By integrating by parts, we can simplify the integral
[latex]
\int_{-\infty}^{\infty} \Pi_{-\ell_1/2,\ell_1/2}(x-x_1) \Pi_{-\ell_2/2,\ell_2/2}(x-x_2) dx = \left . \left [ \Pi_{-\ell_1/2,\ell_1/2}(x-x_1) \int \Pi_{-\ell_2/2,\ell_2/2}(x-x_2) dx \right ] \right |_{-\infty}^{\infty}
- \int_{-\infty}^{\infty} \underbrace{[ (x - x_2 + \ell_2/2) I(x - x_2 + \ell_2/2 > 0) - (x - x_2 - \ell_2/2) I(x - x_2 - \ell_2/2 > 0) ]}_{\int \Pi_{-\ell_2/2,\ell_2/2}(x-x_2) dx} \underbrace{[ \delta(x-x_1+\ell_1/2) - \delta(x-x_1-\ell_1/2) ]}_{\frac{d}{dx} \left [ \Pi_{-\ell_1/2,\ell_1/2}(x-x_1) \right ] } dx
[/latex]
The first term cancels since [latex]\Pi_{-\ell_1/2,\ell_1/2}(\pm \infty-x_1) = 0[/latex]. The second term is trivial to compute since
[latex]
\int_{-\infty}^{\infty} f(x) \delta(x-a) dx = f(a)
[/latex]
This gives
[latex]
\int_{-\infty}^{\infty} \Pi_{-\ell_1/2,\ell_1/2}(x-x_1) \Pi_{-\ell_2/2,\ell_2/2}(x-x_2) dx = - (x_1 - \ell_1/2 - x_2 + \ell_2/2) I(x_1 - \ell_1/2 - x_2 + \ell_2/2 > 0)
+ (x_1 - \ell_1/2 - x_2 - \ell_2/2) I(x_1 - \ell_1/2 - x_2 - \ell_2/2 > 0)

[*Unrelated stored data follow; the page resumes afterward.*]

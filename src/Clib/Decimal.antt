-- ===== src/Clib/Decimal.antt =====
-- printf's `%d` of numbers that are not negative, and how atoi and strchr read its digits.
use saphire.Prelude.{
  ℕ, zero, suc, ◌+◌, ◌*◌, ◌/◌, ◌%◌, ◌^◌, ◌<◌, ◌≤◌, ◌≡◌, refl, ◌∙◌, ap, inl, inr, true, false, ◌∷◌,
  ◌++◌, arith, length, ltb, Bool-cases, if◌then◌else◌,
}
use native.Mathlib.Nat.{pow-suc}
use saphire.Prelude.Int.{pos}
use saphire.Clib.{Bytes, strchr_cut, is_digit, digits_value, atoi, atoi_int}

-- The digits of a number in front of a text, the first digit not 0 but for 0 itself.
decimal_loop : ℕ → ℕ → Bytes → Bytes
decimal_loop zero n acc = acc
decimal_loop (suc fuel) n acc =
    let rest = decimal_loop fuel (n / 10) ((48 + n % 10) ∷ acc) in
    if ltb n 10 then (48 + n) ∷ acc else rest

-- `%d` of a number that is not negative, with what is printed after it.
unfoldable pub decimal : ℕ → Bytes → Bytes
unfolding decimal_loop
decimal n acc = decimal_loop (suc n) n acc

-- One digit in front of a text.
digits_value-digit :
    (a n : ℕ) (acc : Bytes)
    → n < 10
    → digits_value a ((48 + n) ∷ acc) ≡ digits_value (a * 10 + n) acc
unfolding digits_value
digits_value-digit a n acc h =
    let digit : is_digit (48 + n) ≡ true = ground arith in
    rw digit (ap (λ k. digits_value (a * 10 + k) acc) (omega arith))

digits_value-decimal_loop :
    (fuel n : ℕ) (acc : Bytes)
    → n < fuel
    → digits_value 0 (decimal_loop fuel n acc) ≡ digits_value n acc
unfolding decimal_loop
digits_value-decimal_loop zero n acc h = absurd (omega arith)
digits_value-decimal_loop (suc fuel) n acc h = elim (Bool-cases (ltb n 10)) [
  | inl small ↦
      rw small
        (digits_value-digit 0 n acc (ground arith) ∙ ap (λ k. digits_value k acc) (omega arith))
  | inr large ↦ rw large (
      digits_value-decimal_loop fuel (n / 10) ((48 + n % 10) ∷ acc) (ground arith)
      ∙ digits_value-digit (n / 10) (n % 10) acc (omega arith)
      ∙ ap (λ k. digits_value k acc) (omega arith))
]

-- A byte that is no digit does not stand among the digits.
strchr_cut-decimal_loop :
    (d fuel n : ℕ) (acc : Bytes)
    → is_digit d ≡ false
    → strchr_cut d (decimal_loop fuel n acc)
      ≡ (decimal_loop fuel n (strchr_cut d acc).0, (strchr_cut d acc).1)
unfolding decimal_loop strchr_cut is_digit
strchr_cut-decimal_loop d zero n acc h = refl
strchr_cut-decimal_loop d (suc fuel) n acc h =
    ground (arith, strchr_cut-decimal_loop d fuel (n / 10) ((48 + n % 10) ∷ acc) h)

pub strchr_cut-decimal :
    (d n : ℕ) (acc : Bytes)
    → is_digit d ≡ false
    → strchr_cut d (decimal n acc) ≡ (decimal n (strchr_cut d acc).0, (strchr_cut d acc).1)
unfolding decimal
strchr_cut-decimal d n acc h = strchr_cut-decimal_loop d (suc n) n acc h

decimal_loop-append :
    (fuel n : ℕ) (acc rest : Bytes)
    → decimal_loop fuel n (acc ++ rest) ≡ decimal_loop fuel n acc ++ rest
unfolding decimal_loop
decimal_loop-append zero n acc rest = refl
decimal_loop-append (suc fuel) n acc rest =
    ground (arith, decimal_loop-append fuel (n / 10) ((48 + n % 10) ∷ acc) rest)

pub decimal-append : (n : ℕ) (acc rest : Bytes) → decimal n (acc ++ rest) ≡ decimal n acc ++ rest
unfolding decimal
decimal-append n acc rest = decimal_loop-append (suc n) n acc rest

length-decimal_loop :
    (fuel n k : ℕ) (acc : Bytes)
    → n < 10 ^ suc k
    → length (decimal_loop fuel n acc) ≤ suc k + length acc
unfolding decimal_loop
length-decimal_loop zero n k acc h = omega arith
length-decimal_loop (suc fuel) n zero acc h =
    let small : ltb n 10 ≡ true = ground arith in rw small (omega arith)
length-decimal_loop (suc fuel) n (suc k) acc h =
    let less : n / 10 < 10 ^ suc k = omega (arith, pow-suc 10 (suc k)) in
    ground (arith, length-decimal_loop fuel (n / 10) k ((48 + n % 10) ∷ acc) less)

-- The digits of a number below a power of ten.
pub length-decimal :
    (n k : ℕ) (acc : Bytes) → n < 10 ^ suc k → length (decimal n acc) ≤ suc k + length acc
unfolding decimal
length-decimal n k acc h = length-decimal_loop (suc n) n k acc h

-- atoi reads a text that begins with a digit as its digits.
StartsDigit : Bytes → Type 0
StartsDigit s = (c : ℕ) × (t : Bytes) × (s ≡ c ∷ t) × (is_digit c ≡ true)

decimal_loop-StartsDigit :
    (fuel n : ℕ) (acc : Bytes) → n < fuel → StartsDigit (decimal_loop fuel n acc)
unfolding decimal_loop StartsDigit is_digit
decimal_loop-StartsDigit zero n acc h = absurd (omega arith)
decimal_loop-StartsDigit (suc fuel) n acc h = elim (Bool-cases (ltb n 10)) [
  | inl small ↦ (48 + n, acc, rw small, ground arith)
  | inr large ↦
      rw large (decimal_loop-StartsDigit fuel (n / 10) ((48 + n % 10) ∷ acc) (ground arith))
]

atoi-digit : (c : ℕ) (t : Bytes) → is_digit c ≡ true → atoi (c ∷ t) ≡ pos (digits_value 0 (c ∷ t))
unfolding atoi digits_value
atoi-digit c t h = ground arith

atoi-StartsDigit : (s : Bytes) → StartsDigit s → atoi s ≡ pos (digits_value 0 s)
unfolding StartsDigit
atoi-StartsDigit s (c, t, e, digit) = rw e (atoi-digit c t digit)

-- A number that an `int` holds is what atoi returns.
pub atoi_int-atoi : (s : Bytes) (n : ℕ) → atoi s ≡ pos n → n < 2 ^ 31 → atoi_int s ≡ pos n
unfolding atoi_int
atoi_int-atoi s n h small =
    let long : ltb n (2 ^ 63) ≡ true = ground arith in
    let low : n % 2 ^ 32 ≡ n = omega arith in
    let int : ltb n (2 ^ 31) ≡ true = ground arith in rw (atoi_int, h, long, low, int) refl

pub atoi-decimal : (n : ℕ) (acc : Bytes) → digits_value n acc ≡ n → atoi (decimal n acc) ≡ pos n
unfolding decimal
atoi-decimal n acc h =
    atoi-StartsDigit _ (decimal_loop-StartsDigit (suc n) n acc (omega arith))
    ∙ ap pos (digits_value-decimal_loop (suc n) n acc (omega arith) ∙ h)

+ (x_1 + \ell_1/2 - x_2 + \ell_2/2) I(x_1 + \ell_1/2 - x_2 + \ell_2/2 > 0)
- (x_1 + \ell_1/2 - x_2 - \ell_2/2) I(x_1 + \ell_1/2 - x_2 - \ell_2/2 > 0)
[/latex]
If we write [latex]\Delta x = x_1 - x_2,\ u = \frac{\ell_1+\ell_2}{2},\ v = u - \ell_2[/latex] then we have a more simplified form
[latex]
\text{overlap}(x_1,x_2,\ell_1,\ell_2) = - (\Delta x - v) I(\Delta x - v > 0)

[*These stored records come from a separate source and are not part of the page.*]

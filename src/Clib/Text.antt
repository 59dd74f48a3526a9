-- ===== src/Clib/Text.antt =====
-- Splitting a text at a delimiter, independent of strchr.
use saphire.Prelude.{
  ℕ, ◌<◌, ◌≡◌, refl, ◌≢◌, true, false, Option, none, some, List, [], ◌∷◌, ◌++◌, ==_iff, arith,
  length, Bool, Bool-cases, inl, inr, ◌==◌, if◌then◌else◌,
}
use saphire.Clib.{Bytes, strchr_cut, bytes_eq}

-- No byte of the text is `b`.
abbrev pub Lacks : ℕ → Bytes → Type 0
Lacks b [] = Unit
Lacks b (c ∷ s) = ((c == b) ≡ false) × Lacks b s

-- Puts a byte in front of the first field.
abbrev pub prepend : ℕ → List Bytes → List Bytes
prepend c [] = (c ∷ []) ∷ []
prepend c (f ∷ fs) = (c ∷ f) ∷ fs

-- The fields between the delimiters; there is always one more than there are delimiters.
unfoldable pub fields : ℕ → Bytes → List Bytes
fields d [] = [] ∷ []
fields d (c ∷ s) = let rest = fields d s in if c == d then [] ∷ rest else prepend c rest

-- The fields behind a cut.
abbrev pub fields_after : ℕ → Option Bytes → List Bytes
fields_after d none = []
fields_after d (some s) = fields d s

pub fields-strchr_cut :
    (d : ℕ) (s : Bytes) → fields d s ≡ (strchr_cut d s).0 ∷ fields_after d (strchr_cut d s).1
unfolding fields strchr_cut
fields-strchr_cut d [] = refl
fields-strchr_cut d (c ∷ s) = ground (arith, fields-strchr_cut d s)

-- A cut leaves a shorter text.
pub strchr_cut-shorter : (d : ℕ) (s t : Bytes) → (strchr_cut d s).1 ≡ some t → length t < length s
unfolding strchr_cut
strchr_cut-shorter d [] t h = ground arith
strchr_cut-shorter d (c ∷ s) t h = ground (arith, strchr_cut-shorter d s t)

pub eq_of_bytes_eq : (s t : Bytes) → bytes_eq s t ≡ true → s ≡ t
unfolding bytes_eq
eq_of_bytes_eq [] [] h = refl
eq_of_bytes_eq [] (d ∷ t) h = cc
eq_of_bytes_eq (c ∷ s) [] h = cc
eq_of_bytes_eq (c ∷ s) (d ∷ t) h = ground (arith, eq_of_bytes_eq s t)

pub bytes_eq_refl : (s : Bytes) → bytes_eq s s ≡ true
unfolding bytes_eq
bytes_eq_refl [] = refl
bytes_eq_refl (c ∷ s) = ground (arith, bytes_eq_refl s)

pub ne_of_bytes_eq : (s t : Bytes) → bytes_eq s t ≡ false → s ≢ t
ne_of_bytes_eq s t h e =
    let k : bytes_eq s s ≡ false = rw (← e) at h in ground (arith, bytes_eq_refl s)

pub strchr_cut-Lacks : (d : ℕ) (s t : Bytes) → Lacks d s → strchr_cut d (s ++ d ∷ t) ≡ (s, some t)
unfolding strchr_cut
strchr_cut-Lacks d [] t h = let here : (d == d) ≡ true = (==_iff d d).1 refl in rw here refl
strchr_cut-Lacks d (c ∷ s) t (h, hs) = rw (h, strchr_cut-Lacks d s t hs) refl

pub strchr_cut-Lacks_all : (d : ℕ) (s : Bytes) → Lacks d s → strchr_cut d s ≡ (s, none)
unfolding strchr_cut
strchr_cut-Lacks_all d [] h = refl
strchr_cut-Lacks_all d (c ∷ s) (h, hs) = rw (h, strchr_cut-Lacks_all d s hs) refl

pub Lacks-append : (b : ℕ) (s t : Bytes) → Lacks b s → Lacks b t → Lacks b (s ++ t)
Lacks-append b [] t h k = k
Lacks-append b (c ∷ s) t (h, hs) k = (h, Lacks-append b s t hs k)

-- Whether no byte of the text is `b`.
abbrev pub lacks_byte : ℕ → Bytes → Bool
lacks_byte b [] = true
lacks_byte b (c ∷ s) = if c == b then false else lacks_byte b s

pub Lacks-lacks_byte : (b : ℕ) (s : Bytes) → lacks_byte b s ≡ true → Lacks b s
Lacks-lacks_byte b [] h = tt
Lacks-lacks_byte b (c ∷ s) h = elim (Bool-cases (c == b)) [
  | inl here ↦ let wrong : false ≡ true = rw here at h in cc
  | inr other ↦ (other, Lacks-lacks_byte b s (rw other at h))
]

pub Lacks-strchr_cut : (d : ℕ) (s : Bytes) → (strchr_cut d s).1 ≡ none → Lacks d s
unfolding strchr_cut
Lacks-strchr_cut d [] h = tt
Lacks-strchr_cut d (c ∷ s) h = elim (Bool-cases (c == d)) [
  | inl here ↦ let wrong : some s ≡ none = rw here at h in cc
  | inr other ↦ (other, Lacks-strchr_cut d s (rw other at h))
]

+ (\Delta x - u) I(\Delta x - u > 0)
+ (\Delta x + u) I(\Delta x +u > 0)
- (\Delta x + v) I(\Delta x + v > 0)
[/latex]
It's a nifty looking solution. In C it would be
double x1, x2, l1, l2, dx, u, v, tmp, L;
dx = x1 - x2;
u = 0.5*(l1+l2);
v = u - l2;
tmp = dx - v;
L = -tmp*(tmp > 0);
tmp = dx - u;
L += tmp*(tmp > 0);
tmp = dx + u;
L += tmp*(tmp > 0);
tmp = dx + v;
L -= tmp*(tmp > 0);
One could do a more direct solution by considering the end points of the lines instead of the midpoints. Then it's a lot easier to derive directly and reduces to 4 possible
if conditions. That matches the 4 indicator functions the integration gives (indicators are like branchless
if statements).
EDIT: Fixed some errors (Forgot to divide by 2 in some places).